[What is expected]: Keep only the lines of the data below that contain "both", and copy them.

Stored data entries
☆ ☆ ☆ ☆ ☆ ☆ ☆
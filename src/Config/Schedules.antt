-- ===== src/Config/Schedules.antt =====
-- The endpoints of schedules in netops-backend/routes/config_module.py, and the end of a report's
-- schedules with the report. `dump` is `json.dumps` of a list of device keys, `load` is `json.loads`.
pub mod Bound
use net_soc_ops.Prelude.{
  ℕ, suc, String, Bool, true, false, not, Option, none, some, List, [], ◌∷◌, ◌++◌, find, select,
  modify_first, length, get_or, str_eq, ◌==◌, if◌then◌else◌,
}
use net_soc_ops.Prelude.Results.{Result, ok, err, ◌>>=◌}
use net_soc_ops.Config.Store.{Report, Db, Failure, not_found, bad_request, value_error}
use net_soc_ops.Config.Reports.{find_report, delete_compliance_report}
use net_soc_ops.Config.Compliance.{Target, Resolved, is_empty, resolve_backups_for_run, run_backups}

pub record Schedule : Type 0 where
  pub id : ℕ
  pub name : String
  pub report_id : ℕ
  pub target_type : String
  pub target_device_ids : Option String
  pub cron_expr : Option String
  pub interval_seconds : Option ℕ
  pub enabled : Bool
  pub last_run_at : Option ℕ

-- The tables, with that of the schedules.
pub record Plans : Type 0 where
  pub db : Db
  pub schedules : List Schedule
  pub next_schedule : ℕ

pub record ScheduleCreate : Type 0 where
  pub name : String
  pub report_id : ℕ
  pub target_type : String
  pub target_device_ids : Option (List String)
  pub cron_expr : Option String
  pub interval_seconds : Option ℕ
  pub enabled : Option Bool

pub record ScheduleUpdate : Type 0 where
  pub name : Option String
  pub target_type : Option String
  pub target_device_ids : Option (List String)
  pub cron_expr : Option String
  pub interval_seconds : Option ℕ
  pub enabled : Option Bool

-- An empty list counts as none.
abbrev ids_text : (List String → String) → Option (List String) → Option String
ids_text dump none = none
ids_text dump (some []) = none
ids_text dump (some (d ∷ ds)) = some (dump (d ∷ ds))

unfoldable pub create_compliance_schedule :
    (List String → String) → ScheduleCreate → Plans → Result Failure Plans
create_compliance_schedule dump body p = elim (find_report body.report_id p.db) [
  | none ↦ err not_found
  | some report ↦ ok (record p {
    schedules =
        p.schedules
        ++ record {
          id = p.next_schedule;
          name = body.name;
          report_id = body.report_id;
          target_type = body.target_type;
          target_device_ids = ids_text dump body.target_device_ids;
          cron_expr = body.cron_expr;
          interval_seconds = body.interval_seconds;
          enabled = get_or body.enabled true;
          last_run_at = none;
        }
          ∷ [];
    next_schedule = suc p.next_schedule;
  })
]

abbrev pub find_schedule : ℕ → Plans → Option Schedule
find_schedule id p = find (λ s. s.id == id) p.schedules

abbrev set_or {ℓ} : {A : Type ℓ} → Option A → Option A → Option A
set_or none old = old
set_or (some x) old = some x

abbrev ids_or : (List String → String) → Option (List String) → Option String → Option String
ids_or dump none old = old
ids_or dump (some ds) old = some (dump ds)

-- The assignments to `s`.
unfoldable pub changed_schedule : (List String → String) → ScheduleUpdate → Schedule → Schedule
changed_schedule dump body s = record s {
  name = get_or body.name s.name;
  target_type = get_or body.target_type s.target_type;
  target_device_ids = ids_or dump body.target_device_ids s.target_device_ids;
  cron_expr = set_or body.cron_expr s.cron_expr;
  interval_seconds = set_or body.interval_seconds s.interval_seconds;
  enabled = get_or body.enabled s.enabled;
}

unfoldable pub update_compliance_schedule :
    (List String → String) → ℕ → ScheduleUpdate → Plans → Result Failure Plans
unfolding changed_schedule
update_compliance_schedule dump id body p = elim (find_schedule id p) [
  | none ↦ err not_found
  | some s ↦ ok (record p {
    schedules = modify_first (λ x. x.id == id) (changed_schedule dump body) p.schedules;
  })
]

unfoldable pub delete_compliance_schedule : ℕ → Plans → Result Failure Plans
delete_compliance_schedule id p = elim (find_schedule id p) [
  | none ↦ err not_found
  | some s ↦ ok (record p { schedules = select (λ x. not (x.id == id)) p.schedules })
]

-- The deletion of a report takes its schedules with it.
unfoldable pub delete_report : ℕ → Plans → Result Failure Plans
unfolding delete_compliance_report
delete_report id p = do
  db' ← delete_compliance_report id p.db
  ok (record p { db = db'; schedules = select (λ s. not (s.report_id == id)) p.schedules })

-- The stored list of device keys; an empty text counts as none.
abbrev pub device_ids_of :
    (String → Option (List String)) → Option String → Result Failure (List String)
device_ids_of load none = ok []
device_ids_of load (some s) =
    if str_eq s "" then ok [] else elim (load s) [ none ↦ err value_error | some ds ↦ ok ds ]

-- What a schedule runs, on its own device keys or on the type of device of its report.
abbrev pub target_of : Schedule → List String → Target
target_of s device_ids = record {
  backup_id = none;
  device_id = none;
  device_ids = device_ids;
  report_id = some s.report_id;
  target_by_device_type = str_eq s.target_type "by_device_type";
  policy_ids = [];
}

abbrev pub require_enabled : Option Report → Result Failure Report
require_enabled none = err bad_request
require_enabled (some report) = if report.enabled then ok report else err bad_request

abbrev pub require_schedule : ℕ → Plans → Result Failure Schedule
require_schedule id p = elim (find_schedule id p) [ none ↦ err not_found | some s ↦ ok s ]

-- The results and the time of the run, unless there is no policy.
unfoldable pub stored_run :
    (String → String → Option (Option String)) → ℕ → ℕ → Plans → Resolved → ℕ × Plans
unfolding run_backups
stored_run find_match now id p r = if is_empty r.policies then (0, p) else (
  length r.backups,
  record p {
    db = run_backups find_match r.report_id r.backups r.policies p.db;
    schedules =
        modify_first (λ x. x.id == id) (λ x. record x { last_run_at = some now }) p.schedules;
  },
)

-- The reply is the number of devices.
unfoldable pub run_compliance_schedule_now :
    (String → Option (List String))
    → (String → List (Option String × String))
    → (String → String → Option (Option String))
    → ℕ
    → ℕ
    → Plans
    → Result Failure (ℕ × Plans)
unfolding resolve_backups_for_run stored_run
run_compliance_schedule_now load devices_of_type find_match now id p = do
  s ← require_schedule id p
  report ← require_enabled (find_report s.report_id p.db)
  device_ids ← device_ids_of load s.target_device_ids
  r ← resolve_backups_for_run devices_of_type (target_of s device_ids) p.db
  ok (stored_run find_match now id p r)
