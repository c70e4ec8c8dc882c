-- ===== src/Config/Schedules/Bound.antt =====
-- What a schedule's run stores.
use mathlib.Core.Path.{subst}
use net_soc_ops.Prelude.{
  ℕ, suc, String, ◌≡◌, refl, ap, sym, ◌∙◌, inl, inr, Bool, true, false, Option, none, some, List,
  [], ◌∷◌, ◌++◌, All, find, Bool-cases, Option-cases, if◌then◌else◌, str_eq, ◌==◌, ==_iff,
  find_sound,
}
use net_soc_ops.Prelude.Results.{ok, ok-inj, err, >>=-eq-ok}
use net_soc_ops.Config.Store.{Backup, Policy, Report, ComplianceResult, Db, bad_request}
use net_soc_ops.Config.Reports.{find_report}
use net_soc_ops.Config.Compliance.{
  Resolved, is_empty, type_of, chosen_report, named_backup, resolve_by_ids, resolve_one,
  resolve_target, resolve_backups_for_run, add_result, run_policies, run_backups,
}
use net_soc_ops.Config.Compliance.Enabled.{IsOwn, Owns, by_type-Owns, by_ids-Owns}
use net_soc_ops.Config.Schedules.{
  Schedule, Plans, find_schedule, require_schedule, require_enabled, device_ids_of, target_of,
  stored_run, run_compliance_schedule_now,
}

-- The results that are new, all with a property.
abbrev pub Adds :
    (ComplianceResult → Type 0) → List ComplianceResult → List ComplianceResult → Type 0
Adds Q rs rs' = (new : List ComplianceResult) × (rs' ≡ rs ++ new) × All Q new

-- A result of the report, for an enabled policy that the report links.
abbrev pub IsOfReport : ℕ → Db → ComplianceResult → Type 0
IsOfReport report_id db x =
    (x.report_id ≡ some report_id) × (p : Policy) × (x.policy_id ≡ p.id) × IsOwn report_id db p

append_nil : (rs : List ComplianceResult) → rs ≡ rs ++ []
append_nil [] = refl
append_nil (r ∷ rs) = ap (λ x. r ∷ x) (append_nil rs)

append_cons :
    (rs : List ComplianceResult) (r : ComplianceResult) (new : List ComplianceResult)
    → (rs ++ r ∷ []) ++ new ≡ rs ++ r ∷ new
append_cons [] r new = refl
append_cons (x ∷ rs) r new = ap (λ y. x ∷ y) (append_cons rs r new)

append_assoc : (rs new more : List ComplianceResult) → (rs ++ new) ++ more ≡ rs ++ (new ++ more)
append_assoc [] new more = refl
append_assoc (x ∷ rs) new more = ap (λ y. x ∷ y) (append_assoc rs new more)

All-both :
    (Q : ComplianceResult → Type 0) (new more : List ComplianceResult)
    → All Q new
    → All Q more
    → All Q (new ++ more)
All-both Q [] more h k = k
All-both Q (x ∷ new) more (hx, h) k = (hx, All-both Q new more h k)

Adds-then :
    (Q : ComplianceResult → Type 0) (rs rs' rs'' : List ComplianceResult)
    → Adds Q rs rs'
    → Adds Q rs' rs''
    → Adds Q rs rs''
Adds-then Q rs rs' rs'' (new, e, h) (more, e', k) =
    (new ++ more, e' ∙ (ap (λ x. x ++ more) e ∙ append_assoc rs new more), All-both Q new more h k)

module _ (find_match : String → String → Option (Option String)) (report_id : ℕ) (db0 : Db) where
  run_policies-Adds :
      (b : Backup) (ps : List Policy) (db : Db)
      → All (IsOwn report_id db0) ps
      → Adds
          (IsOfReport report_id db0)
          db.results
          (run_policies find_match (some report_id) b ps db).results
  unfolding run_policies add_result
  run_policies-Adds b [] db h = ([], append_nil db.results, tt)
  run_policies-Adds b (p ∷ ps) db (own, h) =
      Adds-then (IsOfReport report_id db0) db.results
        (add_result find_match (some report_id) b p db).results _
        (_, refl, ((refl, p, refl, own), tt))
        (run_policies-Adds b ps (add_result find_match (some report_id) b p db) h)

  run_backups-Adds :
      (bs : List Backup) (ps : List Policy) (db : Db)
      → All (IsOwn report_id db0) ps
      → Adds
          (IsOfReport report_id db0)
          db.results
          (run_backups find_match (some report_id) bs ps db).results
  unfolding run_backups
  run_backups-Adds [] ps db h = ([], append_nil db.results, tt)
  run_backups-Adds (b ∷ bs) ps db h =
      Adds-then (IsOfReport report_id db0) db.results
        (run_policies find_match (some report_id) b ps db).results _ (run_policies-Adds b ps db h)
        (run_backups-Adds bs ps (run_policies find_match (some report_id) b ps db) h)

-- What a schedule's run is made of: the report's own policies.
schedule-Owns :
    (devices_of_type : String → List (Option String × String)) (s : Schedule)
    (device_ids : List String) (report : Report) (db : Db)
    → Owns db report (resolve_target devices_of_type (target_of s device_ids) (some report) db)
unfolding resolve_target resolve_one named_backup
schedule-Owns devices_of_type s device_ids report db =
    elim (Bool-cases (str_eq s.target_type "by_device_type")) [
      | inr e ↦ rw e others
      | inl e ↦ rw e (elim (Option-cases (type_of (some report))) [
        | inl e' ↦ rw e' others
        | inr (device_type, e') ↦ rw e' (by_type-Owns devices_of_type device_type report db)
      ])
    ]
  where
    others : Owns db report (
        if is_empty device_ids
        then resolve_one (target_of s device_ids) (some report) db
        else resolve_by_ids device_ids [] (some report) db)
    others = elim (Bool-cases (is_empty device_ids)) [
      | inl e ↦ rw e tt
      | inr e ↦ rw e (by_ids-Owns device_ids [] report db)
    ]

stored_run-Adds :
    (find_match : String → String → Option (Option String)) (now id report_id : ℕ) (p : Plans)
    (r : Resolved)
    → r.report_id ≡ some report_id
    → All (IsOwn report_id p.db) r.policies
    → Adds (IsOfReport report_id p.db) p.db.results (stored_run find_match now id p r).1.db.results
unfolding stored_run
stored_run-Adds find_match now id report_id p r named own =
    elim (Bool-cases (is_empty r.policies)) [
      | inl e ↦ rw e ([], append_nil p.db.results, tt)
      | inr e ↦
          rw e (rw named (run_backups-Adds find_match report_id p.db r.backups r.policies p.db own))
    ]

found_key :
    (id : ℕ) (rs : List Report) (report : Report)
    → find (λ r. r.id == id) rs ≡ some report
    → report.id ≡ id
found_key id rs report h = (==_iff report.id id).0 (find_sound (λ r. r.id == id) rs report h)

require_schedule-found :
    (id : ℕ) (s s' : Schedule) (p : Plans)
    → find_schedule id p ≡ some s
    → require_schedule id p ≡ ok s'
    → s ≡ s'
require_schedule-found id s s' p found e = ok-inj s s' (rw (found, require_schedule) at e)

passed_test :
    (c : Bool) (x report : Report)
    → (if c then ok x else err bad_request) ≡ ok report
    → (c ≡ true) × (x ≡ report)
passed_test true x report e = (refl, ok-inj x report e)
passed_test false x report e = cc

require_enabled-found :
    (found : Option Report) (report : Report)
    → require_enabled found ≡ ok report
    → (found ≡ some report) × (report.enabled ≡ true)
require_enabled-found none report e = cc
require_enabled-found (some x) report e =
    let (on, same) = passed_test x.enabled x report e in
    (ap some same, subst (λ y. y.enabled ≡ true) same on)

resolved-Owns :
    (devices_of_type : String → List (Option String × String)) (s : Schedule)
    (device_ids : List String) (before : ℕ) (report : Report) (db : Db) (r : Resolved)
    → s.report_id ≡ suc before
    → find_report s.report_id db ≡ some report
    → report.enabled ≡ true
    → resolve_backups_for_run devices_of_type (target_of s device_ids) db ≡ ok r
    → (r.report_id ≡ some s.report_id) × All (IsOwn s.report_id db) r.policies
unfolding resolve_backups_for_run chosen_report
resolved-Owns devices_of_type s device_ids before report db r key found on h =
    let found' = rw key at found in
    let h1 = rw key at h in
    let h2 = rw (found', chosen_report) at h1 in
    let h3 = rw on at h2 in
    let owns = rw h3 at (schedule-Owns devices_of_type s device_ids report db) in
    let same = found_key s.report_id db.reports report found in rw (← same) owns

-- A run of a schedule that succeeds keeps the results that are there, and each result that it adds
-- is one of the schedule's report, for an enabled policy that the report links: other than a run of
-- the report on one backup, it never takes other policies. The key of the report must not be 0.
pub run_compliance_schedule_now-Adds :
    (load : String → Option (List String))
    (devices_of_type : String → List (Option String × String))
    (find_match : String → String → Option (Option String)) (now id before : ℕ) (s : Schedule)
    (p p' : Plans) (device_count : ℕ)
    → find_schedule id p ≡ some s
    → s.report_id ≡ suc before
    → run_compliance_schedule_now load devices_of_type find_match now id p ≡ ok (device_count, p')
    → Adds (IsOfReport s.report_id p.db) p.db.results p'.db.results
unfolding run_compliance_schedule_now
run_compliance_schedule_now-Adds load devices_of_type find_match now id before s p p' device_count
      found key h =
    let (s', e1, h1) = >>=-eq-ok (require_schedule id p) _ h in
    let same = require_schedule-found id s s' p found e1 in
    let (report, e2, h2) = >>=-eq-ok (require_enabled (find_report s'.report_id p.db)) _ h1 in
    let (there, on) = require_enabled-found (find_report s'.report_id p.db) report e2 in
    let (device_ids, e3, h3) = >>=-eq-ok (device_ids_of load s'.target_device_ids) _ h2 in
    let (r, e4, h4) =
      >>=-eq-ok (resolve_backups_for_run devices_of_type (target_of s' device_ids) p.db) _ h3 in
    let key' : s'.report_id ≡ suc before = rw (← same) key in
    let (named, own) =
      resolved-Owns devices_of_type s' device_ids before report p.db r key' there on e4 in
    let adds = stored_run-Adds find_match now id s'.report_id p r named own in
    let after : (stored_run find_match now id p r).1 ≡ p' =
      ap (λ x. x.1) (ok-inj _ (device_count, p') h4) in
    subst (λ x. Adds (IsOfReport x.report_id p.db) p.db.results p'.db.results) (sym same)
      (subst (λ x. Adds (IsOfReport s'.report_id p.db) p.db.results x.db.results) after adds)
☆ ☆ ☆ ☆ ☆ ☆ ☆
[Task output]:
All-both :
All-both Q [] more h k = k
All-both Q (x ∷ new) more (hx, h) k = (hx, All-both Q new more h k)
    (new ++ more, e' ∙ (ap (λ x. x ++ more) e ∙ append_assoc rs new more), All-both Q new more h k)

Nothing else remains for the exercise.